Yes, happy to. This past quarter, we saw a drop-off in repayment volume compared to past quarters, but I wouldn't take that as indicative of the repayment trend. There is some impact from macroeconomic noise and uncertainty, but we still expect repayments will return to a level similar to the late part of '24, which should result in elevated repayments for the year.
Brannon, I think already in the first two weeks of April, we've seen six RESG loans payoff, totaling $250 million to $300 million. Most of these were expected to pay off in Q1, but the closings just took a few more weeks than anticipated.
That's correct. Five of those six paid off in the first three days of the month. Point well made.
Thanks for all the color. And regarding buybacks, are the capital ratios being kept flat with expectations on how you manage CET1 through buybacks?
Yes, that's correct. Our CET1 ratios have been relatively flat, but we would be willing to let CET1 decrease slightly when there are compelling values like today. We believe our patience with share repurchase authorization is paying off, and we can utilize opportunities to buy back shares effectively.
Great. Thank you very much for taking my questions.
Our next question comes from Timur Braziler with Wells Fargo. Your line is open. Please go ahead.
Hi, good morning.
Good morning.
I wanted to circle back on the Chicago exposure and the relationship with Sterling Bay. Given the complexity of land development, how are you thinking about the other loans you have with Sterling Bay in addition to those in Lincoln Yards?
Brannon, you want to take that?
Sure, Timur. Each of those loans is unique; we've structured them considering different project types, leasing activities, and capital involvement. It's not our practice to broad-brush a situation like this across similar sponsorship names.
Thanks. Regarding the remaining loans in Lincoln Yards, how are you viewing the development considering the city's involvement?
There’s significant potential in this asset, and the city's engagement is seen as positive. A strong developer with the capability to navigate the city's requirements will be essential, and this collaboration is necessary for the project's success.
Thank you. Just one follow-up on the growth and diversification strategy. Do your growth rates still make sense amid the current uncertainty?
We believe our growth and diversification strategy remains right. Our team is experienced and committed to preserving asset quality. This strategy should contribute positively to both company health and stock performance.

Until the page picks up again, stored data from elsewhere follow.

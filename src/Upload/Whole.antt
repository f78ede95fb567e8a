-- ===== src/Upload/Whole.antt =====
-- handle_puts as a whole: an upload that is broken off and resumed, and the other stored files.
use wind_cloud_v.Shared.{
  sym, ◌∙◌, arith, ℕ, ◌≤◌, ◌≡◌, refl, ap, inl, inr, true, false, [], ◌∷◌, Option, none, some,
  length, take, drop, Bool-cases, Option-cases,
}
use wind_cloud_v.Shared.Int.{ℤ, pos}
use wind_cloud_v.Shared.Text.{Bytes, is_empty, take_all}
use wind_cloud_v.VirtualPath.{
  full_path_len, build_full_virtual_path, extract_file_name, is_valid_vfs_name,
}
use wind_cloud_v.Protocol.{FilePacket, c_string, init_file_packet}
use wind_cloud_v.Identity.{Config}
use wind_cloud_v.Vfs.{Backend, Db, FileRow, is_hash, dao_get_node_by_path}
use wind_cloud_v.Vfs.Entities.{ClientContext}
use wind_cloud_v.FileTable.{find_hash, dao_file_find_by_sha256}
use wind_cloud_v.Upload.{
  message, info_failed, Upload, UploadLink, StoreCheck, unreadable, incomplete, ready,
  check_store_file_ready, create_user_file_link,
}
use wind_cloud_v.Upload.Receive.{content_of}
use wind_cloud_v.Upload.Links.{
  create_user_file_link-store, check_store_file_ready-store, dao_get_node_by_path-store,
  dao_get_node_by_path-files,
}
use wind_cloud_v.Upload.Handler.{
  link_existing, upload_checked, upload_content, upload_new, upload_at, upload_packet, handle_puts,
}
use mathlib.Core.Path.{subst}
use wind_cloud_v.Vfs.Tidy.{dao_file_find-eq}
use wind_cloud_v.Upload.Settled.{length-prefix, HoldsPrefix, IsReliable, says_completed, IsUpheld}
use wind_cloud_v.Upload.Resume.{open_upload-IsUpheld}

pub handle_puts-eq :
    (b : Backend) (config : Config) (link : UploadLink) (ctx : ClientContext) (arg : Bytes)
    (db : Db) (p : FilePacket)
    → link.file_packet ≡ some p
    → handle_puts b config link ctx arg db ≡ upload_packet b config link ctx arg p db
unfolding handle_puts
handle_puts-eq b config link ctx arg db p q =
    ap
      (λ o. elim o [
        | none ↦ (message info_failed ∷ [], db)
        | some p ↦ upload_packet b config link ctx arg p db
      ])
      q

module _ (b : Backend) (works : (k : ℕ) → b.fails k ≡ false) (config : Config) (link : UploadLink)
    (reliable : IsReliable link) (ctx : ClientContext) (arg : Bytes) (f : Bytes) where
  module _ (u : Upload) (valid : is_hash u.hash ≡ true) (size : u.size ≡ pos (length f)) (n m : ℕ)
      (h : n ≤ length f) (i : link.incoming ≡ take m (drop n f)) where
    link_existing-IsUpheld :
        (file : ℕ) (db : Db)
        → content_of u.stored db ≡ f
        → IsUpheld u.stored f (link_existing b ctx arg u file db)
    unfolding link_existing says_completed
    link_existing-IsUpheld file db e =
        let kept = create_user_file_link-store b config ctx u.full_path u.name file true db in
        let r = create_user_file_link b ctx u.full_path u.name file true db in
        let held : content_of u.stored r.1 ≡ f = rw (content_of, kept) e in
        let all : HoldsPrefix u.stored f r.1 =
          (length f, omega arith, held ∙ sym (take_all (length f) f (omega arith))) in
        elim (Bool-cases r.0) [ inl y ↦ rw y (all, inr held) | inr y ↦ rw y (all, inr held) ]

    -- Where the stored file has the size of the record, it is all there.
    checked-IsUpheld :
        (file : ℕ) (r : StoreCheck × ℕ × Db)
        → content_of u.stored r.2 ≡ take n f
        → (r.0 ≡ ready → content_of u.stored r.2 ≡ f)
        → IsUpheld u.stored f (upload_checked b config link ctx arg u file r)
    unfolding upload_checked says_completed
    checked-IsUpheld file (unreadable, _, db) e all = ((n, h, e), inl refl)
    checked-IsUpheld file (ready, _, db) e all = link_existing-IsUpheld file db (all refl)
    checked-IsUpheld file (incomplete, _, db) e all =
        open_upload-IsUpheld b works config link reliable ctx arg f u size n m h i db e

    ready-size :
        (expected : ℕ) (db : Db)
        → (check_store_file_ready b u.stored (pos expected) db).0 ≡ ready
        → length (content_of u.stored db) ≡ expected
    unfolding check_store_file_ready
    ready-size expected db r = ground (arith, r)

    upload_content-IsUpheld :
        (r : Option (ℕ × ℤ) × Db)
        → content_of u.stored r.1 ≡ take n f
        → ((file : ℕ) (expected : ℤ) → r.0 ≡ some (file, expected) → expected ≡ pos (length f))
        → IsUpheld u.stored f (upload_content b config link ctx arg u r)
    unfolding upload_content
    upload_content-IsUpheld (none, db) e honest =
        open_upload-IsUpheld b works config link reliable ctx arg f u size n m h i db e
    upload_content-IsUpheld (some (file, expected), db) e honest =
        let r = check_store_file_ready b u.stored expected db in
        let kept = check_store_file_ready-store b u.stored expected db in
        checked-IsUpheld file r (rw (content_of, kept) e) (λ y.
          (let full : length (content_of u.stored db) ≡ length f = ready-size (length f) db (
              subst (λ z. (check_store_file_ready b u.stored z db).0 ≡ ready)
                (honest file expected refl) y) in
            let end : n ≡ length f =
              sym (length-prefix n f h) ∙ sym (ap (length {A = ℕ}) e) ∙ full in
            rw (content_of, kept) (e ∙ rw end (take_all (length f) f (omega arith)))))

    -- The records of this hash have the size of `f`.
    abbrev IsHonest : Db → Type 0
    IsHonest db = (row : FileRow) → find_hash u.hash db.files ≡ some row → row.size ≡ pos (length f)

    found-size :
        (db : Db)
        → IsHonest db
        → (file : ℕ) (expected : ℤ)
        → (dao_file_find_by_sha256 b u.hash db).0 ≡ some (file, expected)
        → expected ≡ pos (length f)
    found-size db honest file expected y = elim (Option-cases (find_hash u.hash db.files)) [
      | inl e ↦
          absurd (ground (arith, ap (λ r. r.0) (dao_file_find-eq b works u.hash valid db e), y))
      | inr (row, e) ↦
          ground
            (arith, ap (λ r. r.0) (dao_file_find-eq b works u.hash valid db e), y, honest row e)
    ]

    upload_new-IsUpheld :
        (r : Option (ℕ × ℕ) × Db)
        → content_of u.stored r.1 ≡ take n f
        → IsHonest r.1
        → IsUpheld u.stored f (upload_new b config link ctx arg u r)
    unfolding upload_new dao_file_find_by_sha256 says_completed init_file_packet c_string
    upload_new-IsUpheld (some node, db) e honest = ((n, h, e), inl refl)
    upload_new-IsUpheld (none, db) e honest = elim (Bool-cases (is_empty u.hash)) [
      | inl y ↦ rw y ((n, h, e), inl refl)
      | inr y ↦
          rw y
            (upload_content-IsUpheld (dao_file_find_by_sha256 b u.hash db) e (found-size db honest))
    ]

    upload_at-IsUpheld :
        (db : Db)
        → content_of u.stored db ≡ take n f
        → IsHonest db
        → IsUpheld u.stored f (upload_at b config link ctx arg u db)
    unfolding upload_at says_completed
    upload_at-IsUpheld db e honest = elim (Bool-cases (is_valid_vfs_name u.name)) [
      | inl y ↦ rw y (
          upload_new-IsUpheld (dao_get_node_by_path b ctx.user_id u.full_path db)
            (rw (content_of, dao_get_node_by_path-store b ctx.user_id u.full_path db) e)
            (λ row x. honest row (
              ap (find_hash u.hash) (sym (dao_get_node_by_path-files b ctx.user_id u.full_path db))
              ∙ x)))
      | inr y ↦ rw y ((n, h, e), inl refl)
    ]

  upload_packet-IsUpheld :
      (db : Db) (p : FilePacket) (n m : ℕ)
      → is_hash (c_string p.hash) ≡ true
      → ((row : FileRow)
          → find_hash (c_string p.hash) db.files ≡ some row
          → row.size ≡ pos (length f))
      → p.file_size ≡ pos (length f)
      → n ≤ length f
      → content_of (b.resolve (c_string p.hash)) db ≡ take n f
      → link.incoming ≡ take m (drop n f)
      → IsUpheld (b.resolve (c_string p.hash)) f (upload_packet b config link ctx arg p db)
  unfolding upload_packet says_completed
  upload_packet-IsUpheld db p n m valid honest size h e i =
      elim (Option-cases (build_full_virtual_path full_path_len ctx.current_path arg)) [
        | inl y ↦ rw (upload_packet, y) ((n, h, e), inl refl)
        | inr (full_path, y) ↦
            rw (upload_packet, y)
              (upload_at-IsUpheld
                (record {
                  full_path = full_path;
                  name = extract_file_name full_path;
                  hash = c_string p.hash;
                  stored = b.resolve (c_string p.hash);
                  size = p.file_size;
                })
                valid size n m h i db e honest)
      ]

  -- A client uploads `f` under its hash, and goes on where the stored file ends. While the server's
  -- calls succeed, every request leaves a prefix of `f` in that file, wherever the connection breaks
  -- off, and the client is told that the upload is complete, by the message or by the packet with the hash,
  -- only when all of `f` is stored. (The hash is 64 digits in lower case, and a record of it has the size
  -- of `f`.)
  pub handle_puts-IsUpheld :
      (db : Db) (p : FilePacket) (n m : ℕ)
      → link.file_packet ≡ some p
      → is_hash (c_string p.hash) ≡ true
      → ((row : FileRow)
          → find_hash (c_string p.hash) db.files ≡ some row
          → row.size ≡ pos (length f))
      → p.file_size ≡ pos (length f)
      → n ≤ length f
      → content_of (c_string p.hash) db ≡ take n f
      → link.incoming ≡ take m (drop n f)
      → IsUpheld (c_string p.hash) f (handle_puts b config link ctx arg db)
  handle_puts-IsUpheld db p n m q valid honest size h e i =
      let same = b.resolve-hash (c_string p.hash) valid in
      rw (handle_puts-eq b config link ctx arg db p q) (
        subst (λ z. IsUpheld z f (upload_packet b config link ctx arg p db)) same
          (upload_packet-IsUpheld db p n m valid honest size h (rw same e) i))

A fair question—our pursuits in CIB are centered on good opportunities. We're carefully monitoring macroeconomic factors and ensuring the companies we lend to are well-established and resilient. To mitigate risks, we do not engage in leveraged lending, favoring enterprise value lending.
Great. Thank you.
Our last question comes from the line of Brian Martin with Janney. Your line is open. Please go ahead.
Hey, good morning, guys.
Good morning, Brian.
If we could touch on the current reserves and outlook given the volatility? Any considerations for increasing reserves based on recent developments?
There has been a progressive array of risks we've been addressing, and we've built our ACL conservatively to cover potential challenges. We've seen our customers perform well despite these risks, and we remain committed to adjusting as necessary. The build of our ACL this quarter reflects this commitment.
During the previous quarter, we shifted our weightings toward more downside scenarios, anticipating various economic developments. We will continue to carefully assess these in our calculations.
Thank you for your answers.
Thank you.
This concludes today's question-and-answer session. I would like to turn the conference back over to George Gleason, Chairman and CEO, for closing remarks.
Thank you all for joining us today. We appreciate the questions and your interest in Bank OZK. We look forward to speaking with you in about 90 days.
This concludes today's conference call. Thank you for participating. You may now disconnect, everyone.